→ **LISTED ENTRIES**:
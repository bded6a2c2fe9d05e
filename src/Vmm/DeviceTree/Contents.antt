-- ===== src/Vmm/DeviceTree/Contents.antt =====
-- vmm/src/virtual_machine.rs: the device tree of a machine as data, and that the code writes it.
use gunyah_test_vmm.Base.{ℕ, ◌≡◌, refl, List, [], ◌∷◌, ◌++◌, Option, none, some, ok}
use gunyah_test_vmm.Types.Text.{Text, codes}
use gunyah_test_vmm.Types.Radix.{digits}
use gunyah_test_vmm.Fdt.{FdtWriter, null, text, u32, u64, array_u32, array_u64}
use gunyah_test_vmm.Fdt.Tree.{Items, done, prop, node, call, write_items, lift->>=, in_a_row}
use gunyah_test_vmm.Bus.Dispatch.{
  list_memory_regions, generate_device_config, generate_gunyah_vdevice_config,
}
use gunyah_test_vmm.Vmm.Vcpu.{GunyahVcpu}
use gunyah_test_vmm.Vmm.Interrupt.{GunyahInterrupt, generate_vdevice, fdt_config}
use gunyah_test_vmm.Vmm.Machine.{GunyahVirtualMachine}
use gunyah_test_vmm.Vmm.DeviceTree.{
  GicConfig, timer_config, phandle_gic, first, firmware_property, generate_vdevices, cpu_nodes,
  create_fdt_vm_config, create_fdt_basic_config,
}

module _ {F : Type 0} where
  -- the node of a vCPU, and of an interrupt
  abbrev pub cpu_items : List GunyahVcpu → Items F
  cpu_items [] = done
  cpu_items (vcpu ∷ vcpus) =
      node (codes "cpu@" ++ digits 16 vcpu.vcpu.id)
        (prop "device_type" (text (codes "cpu")) (
          prop "compatible" (text (codes "arm,arm-v8")) (
            prop "enable-method" (text (codes "psci"))
              (prop "reg" (u32 vcpu.vcpu.id) (prop "cpu-idle-states" null done)))))
        (cpu_items vcpus)

  abbrev pub interrupt_items : List GunyahInterrupt → Items F
  interrupt_items [] = done
  interrupt_items (i ∷ is) =
      node (codes "bell-" ++ digits 16 i.line)
        (prop "vdevice-type" (text (codes "doorbell")) (
          prop "generate" (text (codes "/hypervisor/bell-" ++ digits 16 i.line)) (
            prop "label" (u32 i.irqfd.label) (
              prop "peer-default" null (
                prop "source-can-clean" null
                  (prop "interrupts" (array_u32 (fdt_config i)) done))))))
        (interrupt_items is)

  abbrev pub firmware_items : Option ℕ → Items F → Items F
  firmware_items none rest = rest
  firmware_items (some addr) rest = prop "firmware-address" (u64 addr) rest

module _ {F : Type 0} (fdt : FdtWriter F) where
  cpu_nodes-write_items :
      (vcpus : List GunyahVcpu) → cpu_nodes fdt vcpus ≡ write_items fdt (cpu_items vcpus)
  unfolding cpu_nodes write_items
  cpu_nodes-write_items [] = refl
  cpu_nodes-write_items (v ∷ vs) = simp (in_a_row, cpu_nodes-write_items vs)

  generate_vdevices-write_items :
      (is : List GunyahInterrupt) → generate_vdevices fdt is ≡ write_items fdt (interrupt_items is)
  unfolding generate_vdevices generate_vdevice write_items
  generate_vdevices-write_items [] = refl
  generate_vdevices-write_items (i ∷ is) = simp (in_a_row, generate_vdevices-write_items is)

module _ {W F : Type 0} where
  -- the tree below `gunyah-vm-config`, with what the devices write for themselves
  abbrev pub vm_config_items : GunyahVirtualMachine W F → W → Text → ℕ → Option ℕ → ℕ → Items F
  vm_config_items self w os_type base_address firmware_address intc_phandle =
      node (codes "gunyah-vm-config")
        (prop "image-name" (text (codes "gunyah-vmm-vm")) (
          prop "os-type" (text os_type) (
            node (codes "memory")
              (prop "#address-cells" (u32 2) (
                prop "#size-cells" (u32 2)
                  (prop "base-address" (u64 base_address) (firmware_items firmware_address done))))
              (node (codes "interrupts") (prop "config" (u32 intc_phandle) done) (
                node (codes "vcpus") (prop "affinity" (text (codes "proxy")) done) (
                  node (codes "vdevices")
                    (prop "generate" (text (codes "/hypervisor")) (
                      call (generate_gunyah_vdevice_config self.bus w)
                        (interrupt_items self.interrupts)))
                    done))))))
        done

  -- the tree of a machine below the root, where `base_address` is the first of its memory
  abbrev pub basic_config_items :
      GunyahVirtualMachine W F → W → GicConfig → (ℕ × ℕ × ℕ × ℕ) → ℕ → Items F
  basic_config_items self w gic (t0, t1, t2, t3) base_address = prop "#address-cells" (u32 2) (
      prop "#size-cells" (u32 2) (
        prop "interrupt-parent" (u32 phandle_gic) (
          node (codes "memory")
            (prop "device_type" (text (codes "memory"))
              (prop "reg" (array_u64 (list_memory_regions self.bus w)) done))
            (node (codes "cpus")
              (prop "#address-cells" (u32 1) (prop "#size-cells" (u32 0) (cpu_items self.vcpus)))
              (node (codes "psci")
                (prop "compatible" (text (codes "arm,psci-0.2"))
                  (prop "method" (text (codes "hvc")) done))
                (node (codes "interrupt-controller@" ++ digits 16 gic.dist_base)
                  (prop "compatible" (text (codes "arm,gic-v3")) (
                    prop "#interrupt-cells" (u32 3) (
                      prop "#address-cells" (u32 2) (
                        prop "#size-cells" (u32 2) (
                          prop "interrupt-controller" null (
                            prop "reg"
                              (array_u64 (
                                gic.dist_base ∷ gic.dist_size ∷ gic.redist_base ∷ gic.redist_size
                                ∷ []))
                              (prop "phandle" (u32 phandle_gic) done)))))))
                  (node (codes "timer")
                    (prop "compatible" (text (codes "arm,armv8-timer")) (
                      prop "always-on" null (
                        prop "interrupts" (array_u32 (timer_config t0 t1 t2 t3))
                          (prop "clock-frequency" (u32 19200000) done))))
                    (call (generate_device_config self.bus w)
                      (vm_config_items self w (codes "linux") base_address none phandle_gic)))))))))

module _ {F : Type 0} (fdt : FdtWriter F) where
  firmware_property-write_items :
      (addr : Option ℕ) → firmware_property fdt addr ≡ write_items fdt (firmware_items addr done)
  unfolding firmware_property write_items
  firmware_property-write_items none = refl
  firmware_property-write_items (some addr) = simp in_a_row

module _ {W F : Type 0} (fdt : FdtWriter F) where
  create_fdt_vm_config-write_items :
      (self : GunyahVirtualMachine W F) (w : W) (os_type : Text) (base : ℕ) (firmware : Option ℕ)
      (phandle : ℕ)
      → create_fdt_vm_config fdt self w os_type base firmware phandle
        ≡ write_items fdt (vm_config_items self w os_type base firmware phandle)
  unfolding create_fdt_vm_config write_items
  create_fdt_vm_config-write_items self w os_type base firmware phandle =
      simp (in_a_row, firmware_property-write_items fdt, generate_vdevices-write_items fdt)

  -- Where the machine has memory that is listed, `create_fdt_basic_config` writes the tree of the
  -- machine, whatever the writer is and wherever it fails: each node is begun, filled and ended in turn,
  -- with the properties of the vCPUs, the interrupts, the controller, the timer and the memory, and
  -- what the devices write for themselves.
  pub create_fdt_basic_config-write_items :
      (self : GunyahVirtualMachine W F) (w : W) (gic : GicConfig) (timers : ℕ × ℕ × ℕ × ℕ)
      (base : ℕ)
      → first (list_memory_regions self.bus w) ≡ ok base
      → create_fdt_basic_config fdt self w gic timers
        ≡ write_items fdt (basic_config_items self w gic timers base)
  unfolding create_fdt_basic_config write_items
  create_fdt_basic_config-write_items self w gic (t0, t1, t2, t3) base e = simp (
    in_a_row,
    cpu_nodes-write_items fdt,
    create_fdt_vm_config-write_items self w,
    lift->>= (first (list_memory_regions self.bus w)) base _ e,
  )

→ **WHAT YOU HAVE TO DO**: Of the lines above, retype only those from the line containing "create_fdt_vm_config-write_items self w os_type" through the line containing "-- Where the", including both, exactly.

→ **EXERCISE OUTPUT**:
  create_fdt_vm_config-write_items self w os_type base firmware phandle =
      simp (in_a_row, firmware_property-write_items fdt, generate_vdevices-write_items fdt)

  -- Where the machine has memory that is listed, `create_fdt_basic_config` writes the tree of the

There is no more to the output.